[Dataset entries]

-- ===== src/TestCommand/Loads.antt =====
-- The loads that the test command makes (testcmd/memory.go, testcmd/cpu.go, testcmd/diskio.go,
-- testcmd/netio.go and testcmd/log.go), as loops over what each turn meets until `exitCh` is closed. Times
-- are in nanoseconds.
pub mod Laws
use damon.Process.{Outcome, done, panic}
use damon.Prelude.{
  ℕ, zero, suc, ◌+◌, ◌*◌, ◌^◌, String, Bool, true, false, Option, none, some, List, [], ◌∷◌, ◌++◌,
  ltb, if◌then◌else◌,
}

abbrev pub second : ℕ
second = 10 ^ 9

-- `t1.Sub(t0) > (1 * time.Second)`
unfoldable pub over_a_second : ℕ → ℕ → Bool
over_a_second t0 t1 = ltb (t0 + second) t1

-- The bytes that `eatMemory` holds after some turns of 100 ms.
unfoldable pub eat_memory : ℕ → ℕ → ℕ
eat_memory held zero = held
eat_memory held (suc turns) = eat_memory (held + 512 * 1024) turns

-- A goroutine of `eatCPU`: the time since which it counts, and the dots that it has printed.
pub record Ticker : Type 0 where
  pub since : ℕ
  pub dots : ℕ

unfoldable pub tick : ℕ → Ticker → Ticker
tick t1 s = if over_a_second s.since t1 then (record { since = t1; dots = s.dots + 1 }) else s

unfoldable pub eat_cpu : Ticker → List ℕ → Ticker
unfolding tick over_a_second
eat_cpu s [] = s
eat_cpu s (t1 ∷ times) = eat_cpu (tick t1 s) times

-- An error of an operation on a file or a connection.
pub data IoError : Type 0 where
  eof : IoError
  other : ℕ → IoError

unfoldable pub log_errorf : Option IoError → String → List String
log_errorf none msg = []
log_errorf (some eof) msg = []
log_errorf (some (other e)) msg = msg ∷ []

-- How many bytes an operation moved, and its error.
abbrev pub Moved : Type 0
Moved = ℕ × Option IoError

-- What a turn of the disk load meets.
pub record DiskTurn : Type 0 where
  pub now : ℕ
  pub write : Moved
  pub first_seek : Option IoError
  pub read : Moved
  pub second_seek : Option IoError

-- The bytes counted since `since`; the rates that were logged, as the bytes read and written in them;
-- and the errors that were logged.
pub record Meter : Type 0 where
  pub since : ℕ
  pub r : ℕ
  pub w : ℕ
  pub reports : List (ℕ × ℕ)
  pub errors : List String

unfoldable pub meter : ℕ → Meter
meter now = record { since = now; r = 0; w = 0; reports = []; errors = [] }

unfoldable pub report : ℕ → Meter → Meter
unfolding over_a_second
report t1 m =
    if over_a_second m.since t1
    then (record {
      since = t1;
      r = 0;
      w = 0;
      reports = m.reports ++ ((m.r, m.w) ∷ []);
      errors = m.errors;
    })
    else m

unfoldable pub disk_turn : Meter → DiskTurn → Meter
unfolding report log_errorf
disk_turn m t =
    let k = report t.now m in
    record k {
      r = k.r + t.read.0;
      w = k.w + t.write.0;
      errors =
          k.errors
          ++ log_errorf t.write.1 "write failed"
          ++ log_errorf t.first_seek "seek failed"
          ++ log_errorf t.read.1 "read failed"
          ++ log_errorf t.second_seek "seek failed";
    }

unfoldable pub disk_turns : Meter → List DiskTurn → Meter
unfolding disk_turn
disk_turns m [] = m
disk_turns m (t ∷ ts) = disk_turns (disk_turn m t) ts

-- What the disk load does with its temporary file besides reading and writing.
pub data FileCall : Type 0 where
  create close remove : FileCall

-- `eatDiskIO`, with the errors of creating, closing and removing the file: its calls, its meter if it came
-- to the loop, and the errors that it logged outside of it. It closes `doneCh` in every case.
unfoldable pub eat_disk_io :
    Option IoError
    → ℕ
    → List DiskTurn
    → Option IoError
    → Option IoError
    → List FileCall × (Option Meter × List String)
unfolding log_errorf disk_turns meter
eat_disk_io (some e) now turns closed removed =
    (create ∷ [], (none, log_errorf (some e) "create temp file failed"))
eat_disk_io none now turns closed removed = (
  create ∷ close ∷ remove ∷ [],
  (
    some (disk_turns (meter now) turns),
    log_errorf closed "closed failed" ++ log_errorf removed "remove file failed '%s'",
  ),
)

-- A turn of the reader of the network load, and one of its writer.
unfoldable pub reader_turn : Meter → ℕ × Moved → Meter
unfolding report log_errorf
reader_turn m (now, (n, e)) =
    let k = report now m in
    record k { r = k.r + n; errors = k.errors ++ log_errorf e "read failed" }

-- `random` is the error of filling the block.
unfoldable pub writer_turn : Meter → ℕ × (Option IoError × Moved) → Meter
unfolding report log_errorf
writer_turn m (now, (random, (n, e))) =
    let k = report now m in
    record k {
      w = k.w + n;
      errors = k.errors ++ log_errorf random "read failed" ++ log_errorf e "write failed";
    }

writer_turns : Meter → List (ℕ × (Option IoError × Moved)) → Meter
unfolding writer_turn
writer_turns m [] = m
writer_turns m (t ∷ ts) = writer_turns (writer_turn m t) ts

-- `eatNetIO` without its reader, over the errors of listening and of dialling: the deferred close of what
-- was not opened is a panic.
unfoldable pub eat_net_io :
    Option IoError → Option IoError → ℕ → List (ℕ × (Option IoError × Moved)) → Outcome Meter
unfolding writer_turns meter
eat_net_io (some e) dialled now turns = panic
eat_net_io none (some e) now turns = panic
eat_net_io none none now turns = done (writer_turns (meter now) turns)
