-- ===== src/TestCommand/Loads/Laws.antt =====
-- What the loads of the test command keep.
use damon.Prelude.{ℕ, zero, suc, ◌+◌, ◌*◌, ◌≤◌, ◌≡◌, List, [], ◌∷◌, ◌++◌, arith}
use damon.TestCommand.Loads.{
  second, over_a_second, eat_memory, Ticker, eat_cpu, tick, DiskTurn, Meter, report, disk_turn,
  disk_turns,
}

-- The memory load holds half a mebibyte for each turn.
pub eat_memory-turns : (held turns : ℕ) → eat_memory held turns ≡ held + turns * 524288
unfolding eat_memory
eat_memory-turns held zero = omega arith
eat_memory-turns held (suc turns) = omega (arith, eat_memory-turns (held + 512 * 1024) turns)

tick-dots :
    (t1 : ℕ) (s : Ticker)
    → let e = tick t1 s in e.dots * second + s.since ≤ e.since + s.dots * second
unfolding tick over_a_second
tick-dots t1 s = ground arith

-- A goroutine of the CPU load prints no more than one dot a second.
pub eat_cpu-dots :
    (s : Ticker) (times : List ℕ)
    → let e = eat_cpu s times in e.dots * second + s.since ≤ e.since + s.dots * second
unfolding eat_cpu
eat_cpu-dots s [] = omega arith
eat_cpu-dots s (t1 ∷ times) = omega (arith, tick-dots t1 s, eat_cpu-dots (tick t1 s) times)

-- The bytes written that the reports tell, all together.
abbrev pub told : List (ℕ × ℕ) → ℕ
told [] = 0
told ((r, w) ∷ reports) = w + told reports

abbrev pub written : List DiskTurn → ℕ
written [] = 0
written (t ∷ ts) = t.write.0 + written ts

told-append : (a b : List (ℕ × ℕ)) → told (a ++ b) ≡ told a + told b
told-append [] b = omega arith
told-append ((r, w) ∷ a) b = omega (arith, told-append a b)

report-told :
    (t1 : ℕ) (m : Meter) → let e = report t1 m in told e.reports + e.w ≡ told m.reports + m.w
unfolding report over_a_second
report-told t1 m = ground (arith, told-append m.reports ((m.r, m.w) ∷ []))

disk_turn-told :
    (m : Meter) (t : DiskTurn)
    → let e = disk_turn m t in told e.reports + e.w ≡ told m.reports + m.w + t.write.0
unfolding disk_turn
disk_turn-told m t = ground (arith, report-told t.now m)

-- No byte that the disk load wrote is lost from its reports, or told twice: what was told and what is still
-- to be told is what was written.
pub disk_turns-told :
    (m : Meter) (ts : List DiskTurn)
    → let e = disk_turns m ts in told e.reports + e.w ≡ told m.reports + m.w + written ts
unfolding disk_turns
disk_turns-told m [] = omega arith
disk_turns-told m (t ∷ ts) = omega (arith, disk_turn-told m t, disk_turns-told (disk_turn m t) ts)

**Brief**
Only lines with the word "other" are needed. Copy them from the preceding records.

**Solution**
  other : ℕ → IoError
log_errorf (some (other e)) msg = msg ∷ []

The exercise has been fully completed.